Austin indicó que “esto es una manera diferente de pensar la estrategia misma
de al empresa, en la cual lo económico y lo social van mano a mano”.
“Hay diferentes motivaciones para invertir en responsabilidad social
empresaria. Algunas de ellas son muy utilitaristas y otras más altruistas. Pero
en cualquier caso, lo importante es que las motivaciones no sean débiles”,
sostuvo.
“Hay varios beneficios que los empresarios ven en la responsabilidad social
empresaria. Uno de ellos es que esto da una motivación importante a los
empleados, quienes se sienten mejor por estar involucrados en actividades
sociales. También pueden generar una mayor aceptación por parte de los
consumidores y de algunos inversores que privilegian a las empresas socialmente
responsables”, comentó.
“Lo que hacen estas empresas es pensar en inversiones que producen retornos
tanto económicos como sociales. No se trata sólo de buenas intenciones, porque
las buenas intenciones a veces llegan a resultados muy diferentes”, añadió.
“Muchas empresas están colaborando y haciendo alianzas con organizaciones
sociales de la sociedad civil y del sector público. En algunos casos, en estas
alianzas se genera un intercambio de valores en el marco de una colaboración más
sustancial. Esto es más significativo tanto para la empresa como para la
organización social. En algunas situaciones, la colaboración llega a ser tan
estrecha que ambas se integran con mucha fuerza”, comentó.
“Hay diferentes grados de intensidad en las alianzas. Los puntos de contacto
son valores, estrategias y visiones. Cuando más alineadas sean las alianzas, más
valor van a producir tanto para la empresa como para las organizaciones
sociales. Se genera más valor cuando cada uno de los socios combinan esfuerzos
para crear activos nuevos que capturen todas las energías”, remarcó Austin.
“Una vez que se crea el valor, hay que mantenerlo. Hay que tener equilibrio
en el intercambio de valores; es un camino de doble vía en el que hay que dar y
recibir. Además, hay que renovar el valor creado, porque el valor, si bien es un
activo intangible, también es altamente depreciable. En las alianzas sociales
hay que renovar de manera constante”, indicó.
“La renovación de valor es un ciclo virtuoso. Hemos encontrado que para
recibir más en estas alianzas, hay que dar más. ¿Qué cree que necesita esa
entidad pública? ¿Que necesita esa organización social? Al pensar en esto uno
recibe valor que se incrementa creando un círculo virtuoso”, señaló el
investigador estadounidense.
“Uno puede tener una alianza bien alineada y puede estar creando valor
social, pero si no se lo maneja bien, fracasa. Hemos encontrado que a estas
alianzas hay que prestarle atención focalizada, es decir, alguien tiene que
estar encargado de esto dentro de su empresa; hay que producir confianza entre
los diferentes actores”, destacó.
“Estas alianzas sociales no son fáciles de hacer.

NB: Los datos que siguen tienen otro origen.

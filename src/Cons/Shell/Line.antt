-- ===== src/Cons/Shell/Line.antt =====
-- The line editor of kern/cons/shell.c against an editor of a list of characters.
use zonix.Prelude.{
  ltb, leb, ◌==◌, if◌then◌else◌, Bool-cases, length, length-append, ℕ, zero, suc, ◌+◌, ◌-◌, ◌≤◌,
  ◌<◌, ◌≡◌, refl, ap, ◌∙◌, ◌≢◌, inl, inr, true, false, ◌&&◌, ◌||◌, List, [], ◌∷◌, ◌++◌, arith,
}
use zonix.Cons.Stdio.{Text}
use zonix.Cons.Shell.{
  Event, putc, prompt, Shell, write_char, string_at, enter, erase_char, type_char,
  shell_handle_char, shell_init, execute_command, ascii_del,
}
use zonix.Cons.Shell.Match.{NoNul}

abbrev pub drop_last : Text → Text
drop_last [] = []
drop_last (x ∷ []) = []
drop_last (x ∷ y ∷ xs) = x ∷ drop_last (y ∷ xs)

abbrev pub typed : ℕ → Text → Text × List Event
typed c xs =
    if ltb (length xs) 127 && leb 0x20 c && ltb c 0x7F
    then (xs ++ c ∷ [], putc c ∷ [])
    else (xs, [])

-- The editor on the line itself: a key gives the new line and the events.
abbrev pub edit : List Text → ℕ → Text → Text × List Event
edit commands c xs =
    if (c == 0) || leb 128 c
    then (xs, [])
    else if (c == 10) || (c == 13)
    then ([], (putc 10 ∷ []) ++ execute_command commands xs ++ prompt ∷ [])
    else if c == 8
    then (drop_last xs, if ltb 0 (length xs) then putc 8 ∷ [] else [])
    else if c == ascii_del
    then (xs, [])
    else typed c xs

-- The characters `xs` stand in the buffer from place `i`.
abbrev pub At : (ℕ → ℕ) → ℕ → Text → Type 0
At buf i [] = Unit {0}
At buf i (x ∷ xs) = (buf i ≡ x) × At buf (i + 1) xs

-- The shell holds the line `xs`.
abbrev pub Line : Shell → Text → Type 0
Line s xs = (s.cmd_pos ≡ length xs) × (length xs ≤ 127) × NoNul xs × At s.cmd_buffer 0 xs

write_char-other : (buf : ℕ → ℕ) (p c j : ℕ) → j ≢ p → write_char buf p c j ≡ buf j
write_char-other buf p c j h = let t : (j == p) ≡ false = ground arith in rw t

write_char-same : (buf : ℕ → ℕ) (p c j : ℕ) → j ≡ p → write_char buf p c j ≡ c
write_char-same buf p c j h = let t : (j == p) ≡ true = ground arith in rw t

At-write_char :
    (buf : ℕ → ℕ) (p c i : ℕ) (xs : Text)
    → i + length xs ≤ p
    → At buf i xs
    → At (write_char buf p c) i xs
At-write_char buf p c i [] h a = tt
At-write_char buf p c i (x ∷ xs) h a = (
  write_char-other buf p c i (ground arith) ∙ a.0,
  At-write_char buf p c (i + 1) xs (ground arith) a.1,
)

At-snoc :
    (buf : ℕ → ℕ) (i c : ℕ) (xs : Text)
    → At buf i xs
    → buf (i + length xs) ≡ c
    → At buf i (xs ++ c ∷ [])
At-snoc buf i c [] a h = (ap buf (ground arith) ∙ h, tt)
At-snoc buf i c (x ∷ xs) a h = (a.0, At-snoc buf (i + 1) c xs a.1 (ap buf (ground arith) ∙ h))

At-drop_last : (buf : ℕ → ℕ) (i : ℕ) (xs : Text) → At buf i xs → At buf i (drop_last xs)
At-drop_last buf i [] a = tt
At-drop_last buf i (x ∷ []) a = tt
At-drop_last buf i (x ∷ y ∷ xs) a = (a.0, At-drop_last buf (i + 1) (y ∷ xs) a.1)

NoNul-drop_last : (xs : Text) → NoNul xs → NoNul (drop_last xs)
NoNul-drop_last [] a = tt
NoNul-drop_last (x ∷ []) a = tt
NoNul-drop_last (x ∷ y ∷ xs) a = (a.0, NoNul-drop_last (y ∷ xs) a.1)

NoNul-snoc : (c : ℕ) (xs : Text) → NoNul xs → c ≢ 0 → NoNul (xs ++ c ∷ [])
NoNul-snoc c [] a h = (h, tt)
NoNul-snoc c (x ∷ xs) a h = (a.0, NoNul-snoc c xs a.1 h)

length-drop_last : (xs : Text) → length (drop_last xs) ≡ length xs - 1
length-drop_last [] = refl
length-drop_last (x ∷ []) = refl
length-drop_last (x ∷ y ∷ xs) = let e = length-drop_last (y ∷ xs) in ground arith

-- The string in the buffer is the line, if a NUL stands behind it.
string_at-At :
    (n i : ℕ) (buf : ℕ → ℕ) (xs : Text)
    → length xs < n
    → NoNul xs
    → At buf i xs
    → buf (i + length xs) ≡ 0
    → string_at n buf i ≡ xs
unfolding string_at
string_at-At zero i buf xs h nn a z = ground arith
string_at-At (suc n) i buf [] h nn a z =
    let t : (buf i == 0) ≡ true = rw (ap buf {x = i} (ground arith) ∙ z) in rw t
string_at-At (suc n) i buf (x ∷ xs) h nn a z =
    let rest = string_at-At n (i + 1) buf xs (ground arith) nn.1 a.1 (ap buf (ground arith) ∙ z) in
    let t : (buf i == 0) ≡ false = rw a.0 (ground (arith, nn.0)) in
    rw t (rw rest (ap (λ c. c ∷ xs) a.0))

type_char-Line :
    (c : ℕ) (s : Shell) (xs : Text)
    → Line s xs
    → length xs < 127
    → 0x20 ≤ c
    → c < 0x7F
    → (Line (type_char c s).0 (xs ++ c ∷ [])) × ((type_char c s).1 ≡ putc c ∷ [])
unfolding type_char
type_char-Line c s xs (e, b, nn, a) lt lo hi =
    let t : (ltb s.cmd_pos 127 && leb 0x20 c && ltb c 0x7F) ≡ true = ground arith in
    let here : write_char s.cmd_buffer s.cmd_pos c (0 + length xs) ≡ c =
      write_char-same s.cmd_buffer s.cmd_pos c (0 + length xs) (ground arith) in
    rw t (
      (
        ground (arith, length-append xs (c ∷ [])),
        ground (arith, length-append xs (c ∷ [])),
        NoNul-snoc c xs nn (λ z. ground arith),
        At-snoc (write_char s.cmd_buffer s.cmd_pos c) 0 c xs
            (At-write_char s.cmd_buffer s.cmd_pos c 0 xs (ground arith) a) here,
      ),
      refl,
    )

erase_char-Line :
    (s : Shell) (xs : Text)
    → Line s xs
    → (Line (erase_char s).0 (drop_last xs))
      × ((erase_char s).1 ≡ (if ltb 0 (length xs) then putc 8 ∷ [] else []))
unfolding erase_char
erase_char-Line s [] (e, b, nn, a) =
    let t : ltb 0 s.cmd_pos ≡ false = ground arith in rw t ((e, b, nn, a), refl)
erase_char-Line s (x ∷ xs) (e, b, nn, a) =
    let t : ltb 0 s.cmd_pos ≡ true = ground arith in
    let t1 : ltb 0 (suc (length xs)) ≡ true = ground arith in
    let d = length-drop_last (x ∷ xs) in
    rw t (
      (
        ground arith,
        ground arith,
        NoNul-drop_last (x ∷ xs) nn,
        At-drop_last s.cmd_buffer 0 (x ∷ xs) a,
      ),
      rw t1,
    )

enter-Line :
    (commands : List Text) (s : Shell) (xs : Text)
    → Line s xs
    → (Line (enter commands s).0 [])
      × ((enter commands s).1 ≡ (putc 10 ∷ []) ++ execute_command commands xs ++ prompt ∷ [])
unfolding enter
enter-Line commands s xs (e, b, nn, a) =
    let line : string_at 128 (write_char s.cmd_buffer s.cmd_pos 0) 0 ≡ xs =
      string_at-At 128 0 (write_char s.cmd_buffer s.cmd_pos 0) xs (ground arith) nn
        (At-write_char s.cmd_buffer s.cmd_pos 0 0 xs (ground arith) a)
        (write_char-same s.cmd_buffer s.cmd_pos 0 (0 + length xs) (ground arith)) in
    (
      (refl, ground arith, tt, tt),
      ap (λ t. (putc 10 ∷ []) ++ execute_command commands t ++ prompt ∷ []) line,
    )

type_char_full :
    (c : ℕ) (s : Shell) (xs : Text)
    → Line s xs
    → (ltb (length xs) 127 && leb 0x20 c && ltb c 0x7F) ≡ false
    → type_char c s ≡ (s, [])
unfolding type_char
type_char_full c s xs (e, b, nn, a) h =
    let t : (ltb s.cmd_pos 127 && leb 0x20 c && ltb c 0x7F) ≡ false = rw e h in rw t

type_char-edit :
    (c : ℕ) (s : Shell) (xs : Text)
    → Line s xs
    → (Line (type_char c s).0 (typed c xs).0) × ((type_char c s).1 ≡ (typed c xs).1)
type_char-edit c s xs l = elim (Bool-cases (ltb (length xs) 127 && leb 0x20 c && ltb c 0x7F)) [
  | inl e ↦ rw e (type_char-Line c s xs l (ground arith) (ground arith) (ground arith))
  | inr e ↦ rw (e, type_char_full c s xs l e) (l, refl)
]

-- A shell that holds the line `xs` does at every key what the editor does on `xs`: the same events,
-- and it then holds the editor's new line, which is never longer than 127 characters.
pub shell_handle_char-Line :
    (commands : List Text) (c : ℕ) (s : Shell) (xs : Text)
    → Line s xs
    → (Line (shell_handle_char commands c s).0 (edit commands c xs).0)
      × ((shell_handle_char commands c s).1 ≡ (edit commands c xs).1)
unfolding shell_handle_char
shell_handle_char-Line commands c s xs l = elim (Bool-cases ((c == 0) || leb 128 c)) [
  | inl e ↦ rw e (l, refl)
  | inr e ↦ rw e (elim (Bool-cases ((c == 10) || (c == 13))) [
    | inl e ↦ rw e (enter-Line commands s xs l)
    | inr e ↦ rw e (elim (Bool-cases (c == 8)) [
      | inl e ↦ rw e (erase_char-Line s xs l)
      | inr e ↦ rw e (elim (Bool-cases (c == ascii_del)) [
        | inl e ↦ rw e (l, refl)
        | inr e ↦ rw e (type_char-edit c s xs l)
      ])
    ])
  ])
]

-- The shell's first line is empty.
pub shell_init-Line : (s : Shell) → Line (shell_init s) []
unfolding shell_init
shell_init-Line s = (refl, ground arith, tt, tt)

Hay muchas barreras que
pueden impedir estas alianzas; hay muchas barreras, porque las culturas
organizacionales de las empresas por lo general son muy diferentes de las
culturas de las organizaciones sociales. No hablan el mismo idioma. La manera de
tomar decisiones es diferente. Su estilo de operar es distinto. Es casi como ir
a otro país y tener que aprender una cultura diferente”, afirmó.
“Además, los objetivos entre ambos actores no siempre pueden ser idénticos y
toda alianza siempre implica tener que ceder un poco de control y esto no es
fácil. Todas estas son barreras”, advirtió.
“En las alianzas más fuertes los socios tenían bien claros cuáles eran los
objetivos de dicha alianza. Otro aspecto es una buena comunicación entre los
socios y además a la gente de la empresa, para explicarles porqué es importante
colaborar con las organizaciones sociales. En las alianzas más fuertes la
pregunta clave fue, ¿cómo podría crear valor para mis socios?”, comentó.
“Otro aspecto importante es la confianza; ésta se produce durante el tiempo
por los hechos, no por las palabras. Esto debe ser una relación de largo plazo”,
indicó.
“Los CREA han sido grandes productores de valor económico y estoy convencido de que además pueden ser grandes productores de valor social”, concluyó Austin.